╭─ Entries provided

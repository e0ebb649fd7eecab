-- ===== src/Exec/Passes.antt =====
-- How a handler ends where a test or a lookup is known beforehand: the rules that go forward.
use stranger_club.Base.{◌≡◌, Bool, true, false, Option, some}
use stranger_club.Exec.{Error, Result, err, Session, Exec, or_raise, require, ◌>>=◌}
use stranger_club.Exec.Ends.{Ends}

module _ {ℓ} {S : Type 0} {A : Type ℓ} {Q : Result A → S → Type 0} where
  pub Passes-require :
      (b : Bool) (e : Error) (k : Unit {0} → Exec S A) (s : Session S)
      → b ≡ true
      → Ends Q (k tt) s
      → Ends Q (require b e >>= k) s
  unfolding ◌>>=◌
  Passes-require true e k s h rest = record { holds = rest.holds }
  Passes-require false e k s h rest = cc

  pub Refuses-require :
      (b : Bool) (e : Error) (k : Unit {0} → Exec S A) (s : Session S)
      → b ≡ false
      → Q (err e) s.committed
      → Ends Q (require b e >>= k) s
  unfolding ◌>>=◌
  Refuses-require true e k s h failed = cc
  Refuses-require false e k s h failed = record { holds = failed }

module _ {ℓ κ} {S : Type 0} {A : Type ℓ} {B : Type κ} {Q : Result B → S → Type 0} where
  pub Passes-found :
      (o : Option A) (a : A) (e : Error) (k : A → Exec S B) (s : Session S)
      → o ≡ some a
      → Ends Q (k a) s
      → Ends Q (or_raise o e >>= k) s
  unfolding ◌>>=◌
  Passes-found o a e k s h rest = rw h (record { holds = rest.holds })
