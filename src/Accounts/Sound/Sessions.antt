-- ===== src/Accounts/Sound/Sessions.antt =====
-- The sessions under the writes of a login and a logout.
use stranger_club.Base.{
  ℕ, ◌≤◌, ◌≡◌, String, Option, none, some, str_eq, eq_iff, arith, inl, inr, Bool-cases, subst,
}
use stranger_club.Db.Query.{get, update, delete, Table, insert, count_where}
use stranger_club.Db.Query.Laws.{
  update-IsTable, insert-IsTable, count_where-insert, count_where-update,
}
use stranger_club.Db.Query.Deletion.{delete-IsTable, count_where-delete}
use stranger_club.Db.Query.Bulk.{delete_where-IsTable, count_where-delete_where}
use stranger_club.Access.{LoginSession}
use stranger_club.Accounts.Login.{has_token, end_session}
use stranger_club.Accounts.Sound.{SessionsSound}

pub ended-SessionsSound :
    (hash : Option String) (t : Table LoginSession)
    → SessionsSound t
    → SessionsSound (end_session hash t)
ended-SessionsSound none t h = h
ended-SessionsSound (some hash) t h = record {
  table = delete_where-IsTable (has_token hash) t h.table;
  one_token = λ other.
      ground
        (arith, h.one_token other, count_where-delete_where (has_token other) (has_token hash) t);
}

pub started-SessionsSound :
    (t : Table LoginSession) (s : LoginSession)
    → SessionsSound t
    → count_where (has_token s.token_hash) t ≡ 0
    → SessionsSound (insert t s)
started-SessionsSound t s h free = record {
  table = insert-IsTable t s h.table;
  one_token = λ hash. elim (Bool-cases (str_eq s.token_hash hash)) [
    | inl same ↦
        subst (λ o. count_where (has_token o) (insert t s) ≤ 1) ((eq_iff s.token_hash hash).0 same)
          (ground (arith, count_where-insert (has_token s.token_hash) t s))
    | inr differ ↦ ground (arith, h.one_token hash, count_where-insert (has_token hash) t s)
  ];
}

-- A session is written over by one with the same token.
pub seen-SessionsSound :
    (t : Table LoginSession) (i : ℕ) (s s' : LoginSession)
    → SessionsSound t
    → get t i ≡ some s
    → s'.token_hash ≡ s.token_hash
    → SessionsSound (update t i s')
seen-SessionsSound t i s s' h held same = record {
  table = update-IsTable t i s' h.table;
  one_token = λ hash.
      ground (arith, h.one_token hash, same, count_where-update (has_token hash) t i s' s held);
}

pub deleted-SessionsSound :
    (t : Table LoginSession) (i : ℕ) (s : LoginSession)
    → SessionsSound t
    → get t i ≡ some s
    → SessionsSound (delete t i)
deleted-SessionsSound t i s h held = record {
  table = delete-IsTable t i h.table;
  one_token = λ hash.
      ground (arith, h.one_token hash, count_where-delete (has_token hash) t i s h.table held);
}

╰─

> **Your goal**
Throughout the data above, copy all lines where the word "require" is found.

> **Your solution**
use stranger_club.Exec.{Error, Result, err, Session, Exec, or_raise, require, ◌>>=◌}
  pub Passes-require :
      → Ends Q (require b e >>= k) s
  Passes-require true e k s h rest = record { holds = rest.holds }
  Passes-require false e k s h rest = cc
  pub Refuses-require :
      → Ends Q (require b e >>= k) s
  Refuses-require true e k s h failed = cc
  Refuses-require false e k s h failed = record { holds = failed }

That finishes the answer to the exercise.